FACTS: Alpha C. Jaculbe is employed in Siliman Universitys Medical Center as a nurse since 1958. In 1992, Jaculbe was informed of her mandatory retirement as per the unversitys retirement plan formulated sometime in 1970 that its employees will be automatically retired upon reaching the age of 65 or after 35 years of uninterrupted service to the university. Her retirement is due a year after the notice. Jaculbe filed with the NLRC a Complaint for Termination of Service with Preliminary Injunction or Restraining Order. The Labor Arbiter found the University guilty of illegal dismissal and ordered it to reinstate Jaculbe and to pay the latter full backwages. The university appealed from the decision of the Labor Arbiter to the NLRC. The NLRC reversed the decision of the LA for lack of merit. Later, the CA also affirmed the decision of the NLRC. ISSUE: Whether or not the compulsory retirement imposed by the university through its retirement plan for its employees is against the security of tenure clause in the 1987 Constitution, and is thereby, in the form of an illegal dismissal. HELD: Yes. Anent the provisions of the Labor Code, it is not per se illegal for employers to retire its employees below the age of 65 if it is pursuant to a collective bargaining agreement or other applicable retirement contracts between the employer and the employee. RATIO: The retirement plan came into being in 1970 or 12 years after petitioner started working for university. In short, it was not part of the terms of employment to which petitioner agreed when she started working for the University. Retirement is the result of a bilateral act of the parties, a voluntary agreement between the employer and the employee whereby the latter, after reaching a certain age agrees to sever his or her employment with the former.
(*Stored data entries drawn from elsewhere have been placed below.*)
-- ===== src/Placeholder/Renderer.antt =====
-- `render_placeholder_frame` of src/placeholder/placeholder_renderer.cpp. What GDI
-- draws is an argument.
pub mod Size
pub mod Clean
use spout_relay.Base.{
  ℕ, zero, suc, ◌*◌, ◌^◌, ◌/◌, ◌-◌, Bool, true, false, not, ◌&&◌, ◌||◌, ◌==◌, ltb, List, [], ◌∷◌,
  ◌++◌, none, String, codes, if◌then◌else◌,
}
use text.Mathlib.Text.{◌==◌ as str_eq}
use spout_relay.Config.Types.{PlaceholderSettings}
use spout_relay.Placeholder.Color.{parse_hex_color}
use spout_relay.Placeholder.Gdi.{
  Gdi, Rect, Call, create_brush, fill_rect, delete_brush, gdi_flush, read_bits, to_wide,
  open_canvas, valid, close_canvas, draw_centered_text,
}
use spout_relay.Common.Types.{FrameBuffer, rgba}

abbrev pub max_dim : ℕ
max_dim = 8192

-- L"Waiting for: "
abbrev pub waiting_for : List ℕ
waiting_for = codes "Waiting for: "

-- `out.data.assign(n, 0)`.
unfoldable pub zeros : ℕ → List ℕ
zeros zero = []
zeros (suc n) = 0 ∷ zeros n

-- BGRA bytes to RGBA bytes, opaque, for `n` pixels.
unfoldable pub to_rgba : ℕ → List ℕ → List ℕ
to_rgba zero bits = []
to_rgba (suc n) (b ∷ g ∷ r ∷ a ∷ rest) = r ∷ g ∷ b ∷ 255 ∷ to_rgba n rest
to_rgba (suc n) _ = []

-- `out.data` behind the drawing, given the canvas and what was drawn on it.
unfoldable pub pixels_of : Gdi → Bool → List Call → ℕ → ℕ → List ℕ
unfolding zeros to_rgba
pixels_of gdi drawn calls width height =
    if drawn then to_rgba (width * height) (gdi.paint calls) else zeros (width * height * 4)

unfoldable pub max_of : ℕ → ℕ → ℕ
max_of a b = if ltb a b then b else a

-- The texts: the message in the upper half and the name below it, or the message alone.
unfoldable pub two_texts : Gdi → Rect → List ℕ → List ℕ → ℕ → ℕ → ℕ → List Call
unfolding draw_centered_text
two_texts gdi full message sub fg message_font_height sub_font_height =
    let mid = full.bottom / 2 in
    draw_centered_text gdi 0 (record full { bottom = mid }) message fg message_font_height true
    ++ draw_centered_text gdi 1 (record full { top = mid }) sub fg sub_font_height false

unfoldable pub texts : Gdi → PlaceholderSettings → String → ℕ → ℕ → List Call
unfolding two_texts draw_centered_text to_wide parse_hex_color max_of
texts gdi cfg sender_name width height =
    let fg = parse_hex_color cfg.text_hex in
    let full : Rect = record { left = 0; top = 0; right = width; bottom = height } in
    let message_font_height = max_of 16 (height / 12) in
    let sub_font_height = max_of 12 (height / 24) in
    if cfg.show_sender_name && not (str_eq sender_name "")
    then two_texts gdi full (to_wide gdi cfg.message) (waiting_for ++ to_wide gdi sender_name) fg
        message_font_height sub_font_height
    else draw_centered_text gdi 0 full (to_wide gdi cfg.message) fg message_font_height true

unfoldable pub background : Gdi → ℕ → Rect → List Call
background gdi bg full =
    (if gdi.brush then create_brush bg ∷ [] else [])
    ++ (fill_rect gdi.brush full ∷ delete_brush gdi.brush ∷ [])

-- The background, the texts, and the end of the drawing.
unfoldable pub scene : Gdi → PlaceholderSettings → String → ℕ → ℕ → List Call
unfolding background texts parse_hex_color
scene gdi cfg sender_name width height =
    let full : Rect = record { left = 0; top = 0; right = width; bottom = height } in
    background gdi (parse_hex_color cfg.background_hex) full
    ++ texts gdi cfg sender_name width height
    ++ (gdi_flush ∷ [])

-- Everything that is drawn, from the constructor of the canvas to its destructor.
unfoldable pub drawing : Gdi → PlaceholderSettings → String → ℕ → ℕ → List Call
unfolding open_canvas valid close_canvas scene
drawing gdi cfg sender_name width height =
    let (canvas, opening) = open_canvas gdi width height in
    opening
    ++ (if valid canvas then scene gdi cfg sender_name width height ++ (read_bits ∷ []) else [])
    ++ close_canvas canvas

-- `size_t` has 64 bits. The calls of GDI are kept beside the frame.
unfoldable pub render : Gdi → PlaceholderSettings → String → ℕ → ℕ → FrameBuffer × List Call
unfolding pixels_of scene drawing open_canvas valid
render gdi cfg sender_name width height =
    let out : FrameBuffer = record {
      pixels = [];
      width = width;
      height = height;
      format = rgba;
      gpu_texture = none;
    } in
    if width == 0 || height == 0
    then (out, [])
    else if ltb max_dim width || (ltb max_dim height || ltb (max_dim * max_dim) (width * height))
    then (record out { width = 0; height = 0 }, [])
    else if ltb ((2 ^ 64 - 1) / 4) (width * height)
    then (record out { width = 0; height = 0 }, [])
    else (
      record out {
        pixels =
            pixels_of gdi (valid (open_canvas gdi width height).0)
              (scene gdi cfg sender_name width height) width height;
      },
      drawing gdi cfg sender_name width height,
    )

unfoldable pub render_placeholder_frame : Gdi → PlaceholderSettings → String → ℕ → ℕ → FrameBuffer
unfolding render
render_placeholder_frame gdi cfg sender_name width height =
    (render gdi cfg sender_name width height).0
The truth was that petitioner had no choice but to participate in the plan, given that the only way she could refrain from doing so was to resign or lose her job. It is axiomatic that employer and employee do not stand on equal footing, a situation which often

causes an employee to act out of need instead of any genuine acquiescence to the employer. This was clearly just such an instance. an employer is free to impose a retirement age less than 65 for as long as it has the employees consent having terminated petitioner solely on the basis of a provision of a retirement plan which was not freely assented to by her, respondent was guilty of illegal dismissal.